What this task involves: Using the listing below, show all lines that hold the word "plural".

The records:
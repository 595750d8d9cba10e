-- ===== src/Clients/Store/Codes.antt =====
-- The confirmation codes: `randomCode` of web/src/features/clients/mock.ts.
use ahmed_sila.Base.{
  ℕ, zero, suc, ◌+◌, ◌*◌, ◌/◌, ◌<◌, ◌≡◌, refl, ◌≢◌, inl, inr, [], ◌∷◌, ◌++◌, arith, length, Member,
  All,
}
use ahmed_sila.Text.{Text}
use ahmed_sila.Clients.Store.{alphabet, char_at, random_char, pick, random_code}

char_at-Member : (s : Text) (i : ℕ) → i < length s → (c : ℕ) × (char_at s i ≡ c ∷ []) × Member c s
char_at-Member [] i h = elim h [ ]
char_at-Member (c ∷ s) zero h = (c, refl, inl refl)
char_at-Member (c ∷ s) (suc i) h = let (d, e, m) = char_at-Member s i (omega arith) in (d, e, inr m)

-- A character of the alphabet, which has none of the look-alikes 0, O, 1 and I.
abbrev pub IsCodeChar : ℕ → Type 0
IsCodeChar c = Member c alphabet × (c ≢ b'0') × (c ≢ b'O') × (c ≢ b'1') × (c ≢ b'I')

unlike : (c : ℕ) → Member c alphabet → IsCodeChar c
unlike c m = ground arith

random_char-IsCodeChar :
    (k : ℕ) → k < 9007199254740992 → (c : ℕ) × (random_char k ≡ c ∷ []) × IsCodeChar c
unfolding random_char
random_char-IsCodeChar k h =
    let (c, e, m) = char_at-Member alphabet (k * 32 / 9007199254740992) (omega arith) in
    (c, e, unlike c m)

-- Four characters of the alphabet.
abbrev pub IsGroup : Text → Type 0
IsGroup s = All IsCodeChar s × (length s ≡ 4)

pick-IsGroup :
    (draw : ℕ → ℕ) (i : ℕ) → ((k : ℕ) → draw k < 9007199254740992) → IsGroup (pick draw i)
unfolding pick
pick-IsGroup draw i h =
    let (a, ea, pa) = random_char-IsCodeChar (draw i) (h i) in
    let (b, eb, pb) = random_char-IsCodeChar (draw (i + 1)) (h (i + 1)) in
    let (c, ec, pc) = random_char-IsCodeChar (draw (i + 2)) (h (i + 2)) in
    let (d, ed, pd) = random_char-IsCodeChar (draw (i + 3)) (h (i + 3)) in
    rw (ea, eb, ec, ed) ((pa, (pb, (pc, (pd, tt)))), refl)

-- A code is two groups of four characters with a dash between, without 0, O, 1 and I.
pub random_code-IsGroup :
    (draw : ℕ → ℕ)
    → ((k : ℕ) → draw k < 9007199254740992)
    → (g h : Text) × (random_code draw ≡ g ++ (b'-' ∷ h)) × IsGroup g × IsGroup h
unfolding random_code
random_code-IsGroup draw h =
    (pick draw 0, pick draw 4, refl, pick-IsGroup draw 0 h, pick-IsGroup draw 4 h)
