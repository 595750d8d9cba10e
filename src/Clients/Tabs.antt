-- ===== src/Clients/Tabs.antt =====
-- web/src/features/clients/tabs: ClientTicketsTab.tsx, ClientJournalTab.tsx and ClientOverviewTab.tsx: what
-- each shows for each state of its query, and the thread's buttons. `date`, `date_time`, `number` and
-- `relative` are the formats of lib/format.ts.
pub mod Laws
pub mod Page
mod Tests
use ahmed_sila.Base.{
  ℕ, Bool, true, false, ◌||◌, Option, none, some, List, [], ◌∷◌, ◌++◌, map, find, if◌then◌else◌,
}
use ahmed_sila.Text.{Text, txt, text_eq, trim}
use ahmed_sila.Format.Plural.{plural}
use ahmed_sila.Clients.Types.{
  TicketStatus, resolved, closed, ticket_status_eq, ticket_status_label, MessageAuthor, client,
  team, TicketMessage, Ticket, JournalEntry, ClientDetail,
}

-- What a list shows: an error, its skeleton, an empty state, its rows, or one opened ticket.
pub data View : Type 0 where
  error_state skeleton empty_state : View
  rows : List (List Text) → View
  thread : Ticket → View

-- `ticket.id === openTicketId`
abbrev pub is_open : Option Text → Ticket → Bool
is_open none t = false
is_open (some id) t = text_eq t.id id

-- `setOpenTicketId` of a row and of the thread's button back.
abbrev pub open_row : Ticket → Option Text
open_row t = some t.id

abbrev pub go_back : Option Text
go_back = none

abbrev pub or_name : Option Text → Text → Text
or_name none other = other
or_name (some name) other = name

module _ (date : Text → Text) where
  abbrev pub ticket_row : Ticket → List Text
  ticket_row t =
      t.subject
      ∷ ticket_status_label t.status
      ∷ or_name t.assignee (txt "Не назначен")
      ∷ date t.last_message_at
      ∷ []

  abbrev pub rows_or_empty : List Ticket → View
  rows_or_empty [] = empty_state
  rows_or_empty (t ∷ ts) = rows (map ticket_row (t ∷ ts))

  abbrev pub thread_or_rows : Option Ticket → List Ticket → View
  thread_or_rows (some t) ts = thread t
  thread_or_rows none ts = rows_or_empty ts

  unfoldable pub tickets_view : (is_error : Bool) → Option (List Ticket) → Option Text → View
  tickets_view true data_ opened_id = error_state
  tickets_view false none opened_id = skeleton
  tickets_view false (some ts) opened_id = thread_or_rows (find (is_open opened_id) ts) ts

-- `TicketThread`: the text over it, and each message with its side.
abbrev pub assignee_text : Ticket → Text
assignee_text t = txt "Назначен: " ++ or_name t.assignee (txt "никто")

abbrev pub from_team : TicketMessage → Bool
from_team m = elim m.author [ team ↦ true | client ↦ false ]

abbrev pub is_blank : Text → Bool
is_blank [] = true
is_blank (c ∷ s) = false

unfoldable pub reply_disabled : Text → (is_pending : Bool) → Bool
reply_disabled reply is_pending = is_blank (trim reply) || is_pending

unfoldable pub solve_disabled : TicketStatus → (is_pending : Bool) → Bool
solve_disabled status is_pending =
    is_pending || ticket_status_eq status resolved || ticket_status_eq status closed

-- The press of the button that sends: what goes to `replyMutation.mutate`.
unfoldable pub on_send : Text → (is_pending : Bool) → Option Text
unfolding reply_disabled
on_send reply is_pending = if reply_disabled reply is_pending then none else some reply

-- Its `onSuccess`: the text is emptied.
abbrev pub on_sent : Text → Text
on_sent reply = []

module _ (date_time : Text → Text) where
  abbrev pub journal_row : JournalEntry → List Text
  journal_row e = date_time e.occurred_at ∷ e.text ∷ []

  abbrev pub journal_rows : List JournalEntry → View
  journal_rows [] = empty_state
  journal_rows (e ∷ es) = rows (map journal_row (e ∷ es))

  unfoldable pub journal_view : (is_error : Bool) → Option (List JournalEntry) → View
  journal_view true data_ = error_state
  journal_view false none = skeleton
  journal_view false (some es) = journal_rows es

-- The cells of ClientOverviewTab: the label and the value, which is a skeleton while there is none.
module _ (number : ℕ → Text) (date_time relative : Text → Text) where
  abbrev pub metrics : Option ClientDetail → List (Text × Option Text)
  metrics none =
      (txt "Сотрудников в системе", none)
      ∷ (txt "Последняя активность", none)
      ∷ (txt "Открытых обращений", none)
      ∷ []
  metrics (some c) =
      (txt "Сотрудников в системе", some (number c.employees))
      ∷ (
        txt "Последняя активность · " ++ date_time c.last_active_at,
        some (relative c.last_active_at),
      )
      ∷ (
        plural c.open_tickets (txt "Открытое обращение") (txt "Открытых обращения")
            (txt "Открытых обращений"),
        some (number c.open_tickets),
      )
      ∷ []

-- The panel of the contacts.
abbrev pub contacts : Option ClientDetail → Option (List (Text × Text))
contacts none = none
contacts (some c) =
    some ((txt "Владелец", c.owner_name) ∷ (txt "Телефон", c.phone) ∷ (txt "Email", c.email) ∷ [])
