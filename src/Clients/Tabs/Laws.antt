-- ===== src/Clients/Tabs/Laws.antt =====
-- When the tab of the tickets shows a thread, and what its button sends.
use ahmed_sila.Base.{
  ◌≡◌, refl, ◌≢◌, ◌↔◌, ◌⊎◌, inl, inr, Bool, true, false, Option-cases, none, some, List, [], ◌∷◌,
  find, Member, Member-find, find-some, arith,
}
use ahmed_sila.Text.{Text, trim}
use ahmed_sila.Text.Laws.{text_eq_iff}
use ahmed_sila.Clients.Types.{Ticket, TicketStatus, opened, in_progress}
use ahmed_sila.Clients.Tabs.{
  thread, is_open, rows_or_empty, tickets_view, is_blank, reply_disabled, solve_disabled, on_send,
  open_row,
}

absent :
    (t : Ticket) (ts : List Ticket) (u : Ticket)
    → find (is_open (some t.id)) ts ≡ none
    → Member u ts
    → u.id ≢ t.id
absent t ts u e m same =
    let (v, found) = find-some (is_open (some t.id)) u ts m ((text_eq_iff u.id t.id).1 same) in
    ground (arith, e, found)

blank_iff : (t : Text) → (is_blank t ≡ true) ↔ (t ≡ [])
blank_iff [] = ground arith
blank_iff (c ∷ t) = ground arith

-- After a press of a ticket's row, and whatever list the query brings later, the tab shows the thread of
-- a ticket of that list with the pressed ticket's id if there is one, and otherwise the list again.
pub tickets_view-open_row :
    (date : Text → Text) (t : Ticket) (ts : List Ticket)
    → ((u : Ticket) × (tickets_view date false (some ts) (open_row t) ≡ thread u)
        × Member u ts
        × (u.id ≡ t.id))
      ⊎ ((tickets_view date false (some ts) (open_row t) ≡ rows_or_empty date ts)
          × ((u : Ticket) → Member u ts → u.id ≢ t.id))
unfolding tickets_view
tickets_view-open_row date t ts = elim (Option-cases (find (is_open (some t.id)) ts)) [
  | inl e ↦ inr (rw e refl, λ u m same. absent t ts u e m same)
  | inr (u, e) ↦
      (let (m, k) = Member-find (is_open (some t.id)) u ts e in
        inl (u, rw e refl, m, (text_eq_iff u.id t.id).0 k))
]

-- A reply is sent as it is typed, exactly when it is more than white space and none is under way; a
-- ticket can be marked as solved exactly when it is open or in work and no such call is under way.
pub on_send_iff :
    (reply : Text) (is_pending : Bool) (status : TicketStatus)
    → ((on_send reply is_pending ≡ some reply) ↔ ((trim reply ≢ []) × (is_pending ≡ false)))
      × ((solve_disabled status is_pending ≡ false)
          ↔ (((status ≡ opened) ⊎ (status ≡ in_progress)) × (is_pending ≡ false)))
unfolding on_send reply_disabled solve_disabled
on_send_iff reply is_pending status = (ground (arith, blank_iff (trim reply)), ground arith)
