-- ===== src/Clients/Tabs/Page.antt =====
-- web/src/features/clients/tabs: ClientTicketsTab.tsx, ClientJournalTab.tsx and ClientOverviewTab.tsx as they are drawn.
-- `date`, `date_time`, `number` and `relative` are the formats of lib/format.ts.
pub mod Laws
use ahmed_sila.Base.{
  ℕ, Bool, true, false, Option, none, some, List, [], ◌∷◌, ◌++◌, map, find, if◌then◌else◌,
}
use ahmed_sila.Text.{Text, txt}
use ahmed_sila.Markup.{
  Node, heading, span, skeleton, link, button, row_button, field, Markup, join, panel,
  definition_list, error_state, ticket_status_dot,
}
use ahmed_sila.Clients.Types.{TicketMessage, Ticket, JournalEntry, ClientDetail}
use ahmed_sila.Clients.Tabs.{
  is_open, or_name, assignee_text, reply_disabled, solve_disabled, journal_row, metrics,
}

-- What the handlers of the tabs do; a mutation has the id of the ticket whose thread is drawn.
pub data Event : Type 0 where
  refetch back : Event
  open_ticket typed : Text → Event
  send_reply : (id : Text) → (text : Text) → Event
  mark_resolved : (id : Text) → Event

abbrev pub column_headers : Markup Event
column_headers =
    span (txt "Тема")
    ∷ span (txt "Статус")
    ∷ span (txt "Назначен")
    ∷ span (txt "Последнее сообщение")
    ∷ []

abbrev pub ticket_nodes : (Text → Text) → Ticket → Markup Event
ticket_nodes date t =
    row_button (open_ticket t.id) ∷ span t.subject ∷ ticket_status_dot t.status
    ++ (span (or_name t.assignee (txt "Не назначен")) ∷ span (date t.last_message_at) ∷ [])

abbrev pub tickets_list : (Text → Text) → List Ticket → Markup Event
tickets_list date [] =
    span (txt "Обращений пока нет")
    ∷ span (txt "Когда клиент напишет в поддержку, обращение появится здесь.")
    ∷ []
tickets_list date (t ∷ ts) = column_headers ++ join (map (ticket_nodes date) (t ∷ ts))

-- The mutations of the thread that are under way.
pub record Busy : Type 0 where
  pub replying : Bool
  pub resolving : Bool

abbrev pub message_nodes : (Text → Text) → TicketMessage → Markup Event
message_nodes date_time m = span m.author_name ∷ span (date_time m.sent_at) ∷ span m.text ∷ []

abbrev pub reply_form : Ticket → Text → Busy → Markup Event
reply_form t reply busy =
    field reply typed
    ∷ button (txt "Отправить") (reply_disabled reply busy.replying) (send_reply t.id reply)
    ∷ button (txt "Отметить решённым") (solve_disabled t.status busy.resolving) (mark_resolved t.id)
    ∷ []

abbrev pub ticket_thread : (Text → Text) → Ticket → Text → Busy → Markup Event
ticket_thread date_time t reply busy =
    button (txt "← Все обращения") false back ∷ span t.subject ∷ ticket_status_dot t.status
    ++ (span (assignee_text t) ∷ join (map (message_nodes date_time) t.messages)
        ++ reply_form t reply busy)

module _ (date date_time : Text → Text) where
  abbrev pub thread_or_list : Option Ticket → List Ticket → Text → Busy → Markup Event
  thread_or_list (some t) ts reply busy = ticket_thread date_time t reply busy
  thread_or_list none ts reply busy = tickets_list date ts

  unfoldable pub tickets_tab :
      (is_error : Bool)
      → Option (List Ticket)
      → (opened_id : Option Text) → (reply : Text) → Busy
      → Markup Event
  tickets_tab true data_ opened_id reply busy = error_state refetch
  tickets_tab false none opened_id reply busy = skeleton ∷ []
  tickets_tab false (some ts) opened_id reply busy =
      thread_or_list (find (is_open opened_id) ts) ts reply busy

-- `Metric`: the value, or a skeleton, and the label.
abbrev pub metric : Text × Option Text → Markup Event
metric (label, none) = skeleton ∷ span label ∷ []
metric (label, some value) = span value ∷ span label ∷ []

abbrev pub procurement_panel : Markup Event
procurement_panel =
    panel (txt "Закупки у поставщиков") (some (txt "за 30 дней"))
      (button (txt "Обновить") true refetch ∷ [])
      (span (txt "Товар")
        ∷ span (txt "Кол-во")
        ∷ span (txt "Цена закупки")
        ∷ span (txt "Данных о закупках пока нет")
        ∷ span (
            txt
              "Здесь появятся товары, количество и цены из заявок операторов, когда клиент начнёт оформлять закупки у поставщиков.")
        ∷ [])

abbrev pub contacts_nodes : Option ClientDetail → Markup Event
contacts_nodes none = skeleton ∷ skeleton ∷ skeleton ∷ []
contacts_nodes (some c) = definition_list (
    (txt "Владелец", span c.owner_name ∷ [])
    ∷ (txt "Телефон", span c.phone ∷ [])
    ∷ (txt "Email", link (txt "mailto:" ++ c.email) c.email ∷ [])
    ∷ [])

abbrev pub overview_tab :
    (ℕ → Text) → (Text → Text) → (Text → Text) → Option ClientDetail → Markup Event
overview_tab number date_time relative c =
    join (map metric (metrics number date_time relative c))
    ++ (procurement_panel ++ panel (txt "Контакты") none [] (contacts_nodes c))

Answer to the exercise:
use ahmed_sila.Format.Plural.{plural}
        plural c.open_tickets (txt "Открытое обращение") (txt "Открытых обращения")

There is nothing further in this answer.